GOVERNANCE FAILURE IS SAFETY FAILURE
We are waiting for our own Surfside.
On June 24, 2021, Champlain Towers South in Surfside, Florida collapsed, killing 98 people. The investigation revealed that the board had received an engineering report warning of "abundant" cracking in load-bearing elements in 2018. The board deferred the repairs. The association had only 6.9% of the reserves needed for critical maintenance. By the time a $15 million remedial program was approved, it was too late.
The Miami-Dade grand jury did not blame a single engineering failure. It identified a governance failure — a board that was unqualified, unaccountable, and operating in a regulatory vacuum.

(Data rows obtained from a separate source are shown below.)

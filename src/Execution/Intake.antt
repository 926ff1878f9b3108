-- ===== src/Execution/Intake.antt =====
-- internal/execution/service.go: the intake of tasks, CreateTask, CreateTaskWithGuard and
-- CreateChildTask. The hash of a request (SHA-256 of its JSON), the canonical form of a payload
-- (encoding/json), the guard of the caller and the check of the purpose are arguments.
use meeseek_collective.Common.{
  ℕ, Bool, true, false, ◌&&◌, not, List, [], ◌∷◌, String, ◌==◌, if◌then◌else◌, ltb, nat_eq,
}
use meeseek_collective.Common.Int.{ℤ, pos, negsuc}
use meeseek_collective.Common.Text.{trim_space}
use meeseek_collective.Common.Sets.{has_string, normalize}
use meeseek_collective.Common.Result.{failure, Tx, ◌>>◌, pure, reject_if}
use meeseek_collective.Domain.{EnforcementLevel, PurposeKind, PurposeRef}
use meeseek_collective.Execution.State.{Task, Store, task_key}

pub record TaskRequest : Type 0 where
  pub purpose : PurposeRef
  pub task_class : String
  pub objective : String
  pub payload : String
  pub idempotency_key : String
  pub acceptance_criteria : List String
  pub required_capabilities : List String
  pub required_enforcement : EnforcementLevel
  pub authority_ceiling : List String
  pub resource_envelope : String
  pub priority : ℤ
  pub earliest_start : ℕ
  pub deadline : ℕ

purpose_text : PurposeKind → String
purpose_text PurposeKind.mission = "MISSION"
purpose_text PurposeKind.obligation = "OBLIGATION"
purpose_text PurposeKind.collective_maintenance = "COLLECTIVE_MAINTENANCE"
purpose_text PurposeKind.governance = "GOVERNANCE"
purpose_text PurposeKind.strategic_pulse = "STRATEGIC_PULSE"
purpose_text PurposeKind.recovery = "RECOVERY"
purpose_text PurposeKind.owner_directive = "OWNER_DIRECTIVE"
purpose_text (PurposeKind.unlisted s) = s

blank_purpose : PurposeRef → Bool
unfolding purpose_text
blank_purpose p = purpose_text p.kind == "" && p.id == ""

same_purpose : PurposeRef → PurposeRef → Bool
unfolding purpose_text
same_purpose p q = purpose_text p.kind == purpose_text q.kind && p.id == q.id

unfoldable pub is_blank_level : EnforcementLevel → Bool
is_blank_level (EnforcementLevel.unlisted s) = s == ""
is_blank_level _ = false

unfoldable pub valid_enforcement : EnforcementLevel → Bool
valid_enforcement (EnforcementLevel.unlisted s) = false
valid_enforcement _ = true

unfoldable pub enforcement_rank : EnforcementLevel → ℕ
enforcement_rank EnforcementLevel.enforced = 2
enforcement_rank EnforcementLevel.partial = 1
enforcement_rank _ = 0

unfoldable pub normalize_criteria : List String → List String
normalize_criteria [] = []
normalize_criteria (v ∷ vs) =
    if trim_space v == "" then normalize_criteria vs else trim_space v ∷ normalize_criteria vs

unfoldable pub is_empty : List String → Bool
is_empty [] = true
is_empty (x ∷ xs) = false

-- The loop that looks every text up in a set.
unfoldable pub all_in : List String → List String → Bool
all_in set [] = true
all_in set (x ∷ xs) = if has_string set x then all_in set xs else false

-- `validateTimeWindow`: 0 is Go's zero time.
unfoldable pub bad_window : ℕ → ℕ → Bool
bad_window earliest deadline =
    not (nat_eq earliest 0) && not (nat_eq deadline 0) && ltb deadline earliest

unfoldable pub inherit_time : ℕ → ℕ → ℕ
inherit_time own parent = if nat_eq own 0 then parent else own

inherit_priority : ℤ → ℤ → ℤ
inherit_priority (pos n) parent = if nat_eq n 0 then parent else pos n
inherit_priority (negsuc n) parent = negsuc n

unfoldable pub inherit_list : List String → List String → List String
inherit_list [] whole = whole
inherit_list (x ∷ xs) whole = normalize (x ∷ xs)

unfoldable pub inherit_level : EnforcementLevel → EnforcementLevel → EnforcementLevel
unfolding is_blank_level
inherit_level own parent = if is_blank_level own then parent else own

-- The root's ceiling is what it requires, if it names none.
unfoldable pub root_ceiling : List String → List String → List String
root_ceiling [] required = required
root_ceiling (x ∷ xs) required = x ∷ xs

unfoldable pub normalize_root_request : TaskRequest → Tx Store TaskRequest
normalize_root_request r = do
  let criteria = normalize_criteria r.acceptance_criteria
  reject_if (is_empty criteria) (failure "task requires acceptance criteria")
  let required = normalize r.required_capabilities
  let level = inherit_level r.required_enforcement EnforcementLevel.unenforced
  reject_if (not (valid_enforcement level)) (failure "invalid enforcement level")
  reject_if (r.resource_envelope == "") (failure "task requires resource envelope")
  let ceiling = root_ceiling (normalize r.authority_ceiling) required
  reject_if (not (all_in ceiling required))
      (failure "required capability exceeds task authority ceiling")
  reject_if (bad_window r.earliest_start r.deadline)
      (failure "task deadline precedes earliest start")
  pure (record r {
    task_class = trim_space r.task_class;
    acceptance_criteria = criteria;
    required_capabilities = required;
    required_enforcement = level;
    authority_ceiling = ceiling;
  })

-- `CreateChildTask`: the tests on purpose, capabilities and ceiling.
unfoldable pub check_child_authority : Task → TaskRequest → Tx Store (Unit {0})
unfolding blank_purpose same_purpose
check_child_authority p r = do
  reject_if (not (blank_purpose r.purpose) && not (same_purpose r.purpose p.purpose))
      (failure "child task cannot change inherited purpose")
  let required = normalize r.required_capabilities
  reject_if (not (all_in p.authority_ceiling required))
      (failure "child capability exceeds parent authority ceiling")
  let ceiling = inherit_list r.authority_ceiling p.authority_ceiling
  reject_if (not (is_empty r.authority_ceiling) && not (all_in p.authority_ceiling ceiling))
      (failure "child authority exceeds parent authority ceiling")
  reject_if (not (all_in ceiling required))
      (failure "required capability exceeds child authority ceiling")

-- The tests on the envelope, the enforcement and the criteria.
unfoldable pub check_child_terms : Task → TaskRequest → Tx Store (Unit {0})
check_child_terms p r = do
  reject_if (not (r.resource_envelope == "") && not (r.resource_envelope == p.resource_envelope))
      (failure "child task cannot replace inherited resource envelope")
  reject_if
      (not (is_blank_level r.required_enforcement)
        && not (valid_enforcement r.required_enforcement))
      (failure "invalid enforcement level")
  reject_if
      (not (is_blank_level r.required_enforcement)
        && ltb (enforcement_rank r.required_enforcement) (enforcement_rank p.required_enforcement))
      (failure "child task cannot weaken parent enforcement requirement")
  reject_if (is_empty (normalize_criteria r.acceptance_criteria))
      (failure "child task requires acceptance criteria")

-- The tests on the time window.
unfoldable pub check_child_window : Task → TaskRequest → Tx Store (Unit {0})
check_child_window p r = do
  reject_if
      (not (nat_eq r.earliest_start 0)
        && (not (nat_eq p.earliest_start 0) && ltb r.earliest_start p.earliest_start))
      (failure "child task cannot start before parent time window")
  reject_if (not (nat_eq r.deadline 0) && (not (nat_eq p.deadline 0) && ltb p.deadline r.deadline))
      (failure "child task cannot extend parent deadline")
  reject_if
      (bad_window (inherit_time r.earliest_start p.earliest_start)
        (inherit_time r.deadline p.deadline))
      (failure "task deadline precedes earliest start")

-- The request with what it inherits filled in.
unfoldable pub inherit : Task → TaskRequest → TaskRequest
unfolding blank_purpose inherit_priority
inherit p r = record {
  purpose = if blank_purpose r.purpose then p.purpose else r.purpose;
  task_class = if trim_space r.task_class == "" then p.task_class else trim_space r.task_class;
  objective = r.objective;
  payload = r.payload;
  idempotency_key = r.idempotency_key;
  acceptance_criteria = normalize_criteria r.acceptance_criteria;
  required_capabilities = normalize r.required_capabilities;
  required_enforcement = inherit_level r.required_enforcement p.required_enforcement;
  authority_ceiling = inherit_list r.authority_ceiling p.authority_ceiling;
  resource_envelope =
      if r.resource_envelope == "" then p.resource_envelope else r.resource_envelope;
  priority = inherit_priority r.priority p.priority;
  earliest_start = inherit_time r.earliest_start p.earliest_start;
  deadline = inherit_time r.deadline p.deadline;
}

-- What `CreateChildTask` makes of a request under its parent.
unfoldable pub child_request : Task → TaskRequest → Tx Store TaskRequest
child_request p r = do
  check_child_authority p r
  check_child_terms p r
  check_child_window p r
  pure (inherit p r)
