-- ===== src/Tap/Controller/Examples.antt =====
-- Rounds of a calibrated tap.
use keg_scale_espdisplay.Tap.Sense.{sense}
use keg_scale_espdisplay.Tap.Controller.Phases.{Idle, Shut, Exclusive}
use keg_scale_espdisplay.Tap.Controller.Closing.{round-servo_us, round-Idle}
use keg_scale_espdisplay.Tap.Controller.Opening.{MayOpen, round-MayOpen}
use keg_scale_espdisplay.Tap.Controller.Modes.{round-Exclusive}
use keg_scale_espdisplay.Tap.Controller.Locked.{round-locked}
use keg_scale_espdisplay.Prelude.{◌≡◌, refl, ◌⊎◌, inl, inr, true, false, [], ◌∷◌}
use keg_scale_espdisplay.Tap.Control.{tap_closed, new_control}
use keg_scale_espdisplay.Tap.Control.Examples.{calibrated, reading, open_tap}
use keg_scale_espdisplay.Tap.Button.{new_gesture}
use keg_scale_espdisplay.Tap.Sounds.{new_sounds}
use keg_scale_espdisplay.Tap.Device.{begin_pour, Action, Device, Input}
use keg_scale_espdisplay.Tap.Controller.{must_stop, take_request, handle_stop, act, round}

abbrev web_start : Action
web_start = record { kind = begin_pour; pulse = 0; from_web = true }

-- A closed tap above which a cup stands, with a start from the web in the queue.
abbrev waiting : Device
waiting = record {
  settings = calibrated;
  sample = reading 5 300;
  control = record open_tap { pouring = false; reason = tap_closed };
  manual_hold = new_control;
  actions = web_start ∷ [];
  stop_requested = false;
  manual_test_active = false;
  firmware_updating = false;
  update_closed = false;
  touch_stop_armed = false;
  servo_us = 1500;
  half_stop_mm = 0;
  active_stop_mm = 80;
  button = new_gesture true 0;
  sounds = new_sounds;
  manual_deadline = 0;
  web_operation = false;
  selected_settings = calibrated;
}

abbrev calm : Input
calm = record {
  raw_high = true;
  now = 520;
  locked = false;
  setup_mode = false;
  history_saving = false;
  pwm_ok = λ _. true;
}

starts_from_the_web :
    let d = (round calm waiting).0 in
    (d.control.pouring ≡ true) × (d.servo_us ≡ 1600) × (d.web_operation ≡ true) × (d.actions ≡ [])
unfolding round handle_stop must_stop take_request act keg_scale_espdisplay.Tap.Button.update
    new_gesture keg_scale_espdisplay.Tap.Control.update keg_scale_espdisplay.Tap.Control.on_sample
    keg_scale_espdisplay.Tap.Control.ready keg_scale_espdisplay.Tap.Settings.stable_distance
    keg_scale_espdisplay.Tap.Control.start
starts_from_the_web = (refl, refl, refl, refl)

-- The same tap while it pours.
abbrev pouring_tap : Device
pouring_tap = record waiting {
  control = open_tap;
  servo_us = 1600;
  actions = record web_start { from_web = false } ∷ [];
}

round-servo_us_example : (round calm (record waiting { actions = [] })).0.servo_us ≡ 1500
unfolding round handle_stop must_stop take_request act keg_scale_espdisplay.Tap.Button.update
    new_gesture keg_scale_espdisplay.Tap.Control.update keg_scale_espdisplay.Tap.Control.on_sample
round-servo_us_example =
    round-servo_us calm (record waiting { actions = [] }) refl refl refl (refl, refl, refl)

-- The button of the tap that pours went down 40 ms ago.
abbrev pressed_tap : Device
pressed_tap = record pouring_tap {
  button = record (new_gesture true 0) { raw_previous = false; edge = 480 };
}

round-Idle_example : Idle (round (record calm { raw_high = false }) pressed_tap).0
unfolding keg_scale_espdisplay.Tap.Sense.read_button keg_scale_espdisplay.Tap.Button.update
    new_gesture
round-Idle_example =
    round-Idle (record calm { raw_high = false }) pressed_tap (inr (inr (inr (refl, inl refl))))

round-MayOpen_example :
    Shut (round calm waiting).0
    ⊎ ((waiting.firmware_updating ≡ false)
        × (waiting.stop_requested ≡ false)
        × MayOpen calm (sense calm waiting).1 (sense calm waiting).0)
round-MayOpen_example = round-MayOpen calm waiting (refl, refl)

round-Exclusive_example : Exclusive (round calm pouring_tap).0
round-Exclusive_example = round-Exclusive calm pouring_tap (inr refl)

round-locked_example : Idle (round (record calm { locked = true }) pouring_tap).0
round-locked_example = round-locked (record calm { locked = true }) pouring_tap refl refl (refl, tt)
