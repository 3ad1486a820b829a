-- ===== src/Tap/Filter.antt =====
-- touchpour/components/tap_control/distance_filter.h: median of three and a moving average.
-- A float of the filter is a whole number of units of 2^-19 mm, as in `Sample`: its values lie in
-- [16, 2048) mm or are 0. The rounded step `value + 0.4f * (median - value)` is a parameter.
use keg_scale_espdisplay.Prelude.{
  ℕ, ◌+◌, ◌*◌, ◌/◌, ◌%◌, ◌^◌, min, max, Bool, not, ◌&&◌, ltb, ◌==◌, if◌then◌else◌, sub32,
}
pub mod Laws
pub mod Examples

pub record DistanceFilter : Type 0 where
  pub window_0 : ℕ
  pub window_1 : ℕ
  pub window_2 : ℕ
  pub count : ℕ
  pub next : ℕ
  pub value : ℕ
  pub last_at : ℕ

abbrev pub new_filter : DistanceFilter
new_filter = record {
  window_0 = 0;
  window_1 = 0;
  window_2 = 0;
  count = 0;
  next = 0;
  value = 0;
  last_at = 0;
}

unfoldable pub reset : DistanceFilter → DistanceFilter
reset f = record f { count = 0; next = 0; value = 0 }

abbrev pub unit_mm : ℕ
unit_mm = 2 ^ 19

-- The reading is written at the index of the window that is due.
unfoldable pub store : ℕ → DistanceFilter → DistanceFilter
store raw f =
    if f.next == 0
    then record f { window_0 = raw }
    else if f.next == 1
    then record f { window_1 = raw }
    else record f { window_2 = raw }

-- The new reading takes the oldest place.
unfoldable pub advance : ℕ → DistanceFilter → DistanceFilter
unfolding store
advance raw f = record (store raw f) { next = (f.next + 1) % 3; count = min (f.count + 1) 3 }

-- The middle of three after sorting.
unfoldable pub middle : ℕ → ℕ → ℕ → ℕ
middle a b c = max (min a b) (min (max a b) c)

-- `median`, from the first `count` entries of the window; twice the half-sum is the sum.
unfoldable pub median : DistanceFilter → ℕ
unfolding middle
median f =
    if f.count == 1
    then f.window_0 * unit_mm
    else if f.count == 2
    then (f.window_0 + f.window_1) * (unit_mm / 2)
    else middle f.window_0 f.window_1 f.window_2 * unit_mm

-- The new filter and the filtered distance; `ema value median` is the moving average.
-- The new value: the median itself for the first reading, the average after that.
unfoldable pub average : (ℕ → ℕ → ℕ) → DistanceFilter → ℕ
unfolding median
average ema f = if f.count == 1 then median f else ema f.value (median f)

-- The `reset` for a gap of more than `stale_ms`.
unfoldable pub drop_stale : ℕ → ℕ → DistanceFilter → DistanceFilter
unfolding reset sub32
drop_stale at stale_ms f =
    if not (f.count == 0) && ltb stale_ms (sub32 at f.last_at) then reset f else f

-- The new filter and the filtered distance; `ema value median` is the moving average.
unfoldable pub update : (ℕ → ℕ → ℕ) → ℕ → Bool → ℕ → ℕ → DistanceFilter → DistanceFilter × ℕ
unfolding reset advance average drop_stale
update ema raw valid at stale_ms f =
    if not valid
    then (reset f, 0)
    else let f' = advance raw (record (drop_stale at stale_ms f) { last_at = at }) in
      (record f' { value = average ema f' }, average ema f')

New York's condominium buildings are older, denser, and taller than Surfside's. Local Law 11 requires facade inspections but the city has no mechanism to ensure a board actually funds the repairs. A board that diverts reserves to cover legal fees is a board that may not have the funds to address an unsafe facade condition before it escalates. A board that retaliates against members who ask financial questions is a board where the owner who notices the crack in the garage ceiling learns to stay quiet.
62 YEARS
A 20th-century framework in a 21st-century housing market.
New York's condominium regulatory framework has not meaningfully evolved since RPL Article 9-B was enacted in 1964. The AG's oversight role was designed for offering plan review — ensuring developers disclosed terms before selling units. It was never designed to police ongoing governance of thousands of condominium associations that now exist decades after their offering plans were accepted. Nine legislative attempts to create an ombudsman have failed. The managing agent industry — which exercises day-to-day financial control over these buildings — operates with no licensing requirement, no regulatory oversight, and no accountability mechanism short of litigation.
FAILED BILLS: S71, S2027, S7104, S2340, S3092, S663, and more — all died in committee.
New York is the largest city in the country.
It should not have the weakest condominium governance protections.
The precedent exists. The executive authority exists. The data exists. The only thing missing is the will to act — and the public pressure to create it. This site is that pressure.